On October 22, the Weiser Diplomacy Center, together with the African Studies Center, the Department of Afroamerican and African Studies and the Program in the Environment, hosted a panel discussion on “Framing and Debating Climate Change and the Environment in Key African States.” Moderated by UM’s Justine Maisha Davis, the event featured two former UMAPS scholars, Babajide Ololajulo, (University of Ibadan, Nigeria)  and Patrick Cobbinah (University of Melbourne, Australia). 

Davis opened the panel by highlighting how Africa is often depicted as the continent hardest hit by climate change and asked how this narrative interacts with policy decisions regarding climate change. She also raised the possibility of pan-African approaches to climate issues, which might more commonly be addressed on the national level. 
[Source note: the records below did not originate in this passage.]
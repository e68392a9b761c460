-- ===== src/BlockPresence.antt =====
-- bitswap/client/internal/blockpresencemanager/blockpresencemanager.go: which peers have said that
-- they have a block, and which that they have it not. The lock makes each method one step.
pub mod Knowledge
mod Tests
use boxo.Base.{
  Bool, true, false, not, ◌&&◌, Option, none, some, List, [], ◌∷◌, Key, if◌then◌else◌, or_default,
  select,
}
use boxo.Base.Map.{Map, lookup, insert, delete, has_key}
use boxo.Base.Nested.{get2, put2, inner}

pub record Manager (Cid Peer : Type 0) : Type 0 where
  pub presence : Map Cid (Map Peer Bool)

module _ {Cid Peer : Type 0} where
  pub new : Manager Cid Peer
  new = record { presence = [] }

module _ {Peer : Type 0} ⦃pk : Key Peer⦄ where
  -- the loop of `allDontHave`, over the presences of one CID
  unfoldable pub none_has : List Peer → Map Peer Bool → Bool
  none_has [] ps = true
  none_has (p ∷ peers) ps =
      let rest = none_has peers ps in
      elim (lookup p ps) [ none ↦ false | some b ↦ if b then false else rest ]

module _ {Cid Peer : Type 0} ⦃ck : Key Cid⦄ ⦃pk : Key Peer⦄ where
  -- `updateBlockPresence`: a HAVE is never changed to a DONT_HAVE. The inner map is made first.
  pub update : Manager Cid Peer → Peer → Cid → Bool → Manager Cid Peer
  update m p c b =
      let made = if has_key c m.presence then m.presence else insert c [] m.presence in
      if or_default false (get2 c p made)
      then record { presence = made }
      else record { presence = put2 c p b made }

  pub update_all : Manager Cid Peer → Peer → List Cid → Bool → Manager Cid Peer
  update_all m p [] b = m
  update_all m p (c ∷ cs) b = update_all (update m p c b) p cs b

  pub receive_from : Manager Cid Peer → Peer → List Cid → List Cid → Manager Cid Peer
  unfolding update_all
  receive_from m p haves dont_haves = update_all (update_all m p haves true) p dont_haves false

  unfoldable pub peer_has_block : Manager Cid Peer → Peer → Cid → Bool
  peer_has_block m p c = or_default false (get2 c p m.presence)

  unfoldable pub peer_does_not_have_block : Manager Cid Peer → Peer → Cid → Bool
  peer_does_not_have_block m p c = elim (get2 c p m.presence) [ none ↦ false | some b ↦ not b ]

  unfoldable pub all_dont_have : Manager Cid Peer → List Peer → Cid → Bool
  all_dont_have m peers c = elim (lookup c m.presence) [
    | none ↦ false
    | some ps ↦ none_has peers ps
  ]

  unfoldable pub all_peers_do_not_have_block : Manager Cid Peer → List Peer → List Cid → List Cid
  unfolding all_dont_have none_has
  all_peers_do_not_have_block m peers ks = select (all_dont_have m peers) ks

  pub remove_keys : Manager Cid Peer → List Cid → Manager Cid Peer
  remove_keys m [] = m
  remove_keys m (c ∷ cs) = remove_keys (record { presence = delete c m.presence }) cs

  pub tracks_key : Manager Cid Peer → Cid → Bool
  tracks_key m c = has_key c m.presence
These opening remarks framed the key themes which emerged throughout the discussion, as issues such as climate change policy, the scale of risk, appropriate responses, democracy, and conflict were addressed by the panelists. Ololajulo reminded the audience that “it can never be over-emphasized that even though Africa’s uses only 2% of greenhouse emissions, it suffers disproportionately from climate change and its effects.” He mentioned how the effects of climate change occur through flooding in East Africa, changing rainfall in the southern Africa region, and the drying up of lakes such as Lake Chad. Ololajulo highlighted the gravity of these concerns and assessed them in light of the policy responses across the continents. In Ghana, for example, an investment summit plan has been established to raise funds and resources to support a substantive response. In two other examples, Morocco recently built a concentrated solar facility that aims to achieve the country’s goal of 52% renewables by 2030, while a carbon tax act has been introduced in South Africa to dramatically reduce carbon emissions. 

Cobbinah approached the topic by addressing the policy implications of climate change, specifically the role of cities as a way to understand the imbalances associated with climate change across the globe. Africa lacks sufficient “rapid responses” in comparison to wealthier world regions, which impacts the continent’s ability to focus on mitigation and adaptation. Cobbinah highlighted how, regarding mitigation, African countries use more public transport, have a larger number of people walking, and contribute to carbon capture through their established forests. These types of interventions reduce the anthropogenic forces of climate change and contribute to mitigation. African countries, according to Cobbinah, continue to tackle climate change through addressing the Sustainable Development Goals, exemplifying a pan-African approach. However, resource limitations mean that many African countries, despite being signatories to international climate agreements, do not show high levels of “local-level action” in climate adaptation and mitigation. 

The discussion also considered the relationship between climate change and conflict. Ololajulo brought up the example of Nigeria, highlighting the link between the effects of climate change and deforestation, particularly in the northern part of the country. This has in turn had significant impacts on key issues such as the availability of, and access to, resources, land claims, and migration across the region. These intersections and tensions may lead to violence and conflict, as well as tensions between the northern and southern regions of Nigeria. In Sudan and Somalia, Cobbinah pointed out, changing rainfall patterns have resulted in lower water access, leading to violence and tension. Water shortage is one side of this issue, with the other being excessive rainfall because of climate change. In West Africa, for example, a major dam spillage occurred because of excessive rainfall in Burkina Faso that led to the dramatic loss of lives and properties in the region, and in neighboring Ghana. 

Reflecting on the event, Davis told ASC that “limiting the disruption of climate change to populations and environments relies on the cooperation of all countries. In any case, climate change will force all countries to take action in some way, whether it is through mitigation, adaptation, or re-imagining of each country's development trajectories.” This re-imagining can take place in many different places, and on different scales. Because climate change is a global phenomenon, the panel highlighted that international, and inter-continental approaches will be required to meet it head-on. Cobbinah summarized this point when ASC followed up with him after the event by saying “climate change is a global phenomenon despite different levels of emission contribution and impact experience. In the same way, efforts towards addressing climate change should have a global outlook with commitment from every country/region. The level of commitment can, of course, differ based on the resource capacity of each country/region. It is expected that those who pollute more should do more. It is as simple as that. If major polluting countries like China, USA, Japan, and Australia, fail to act or do more, no amount of effort from the less polluting countries and regions will make a significant impact.”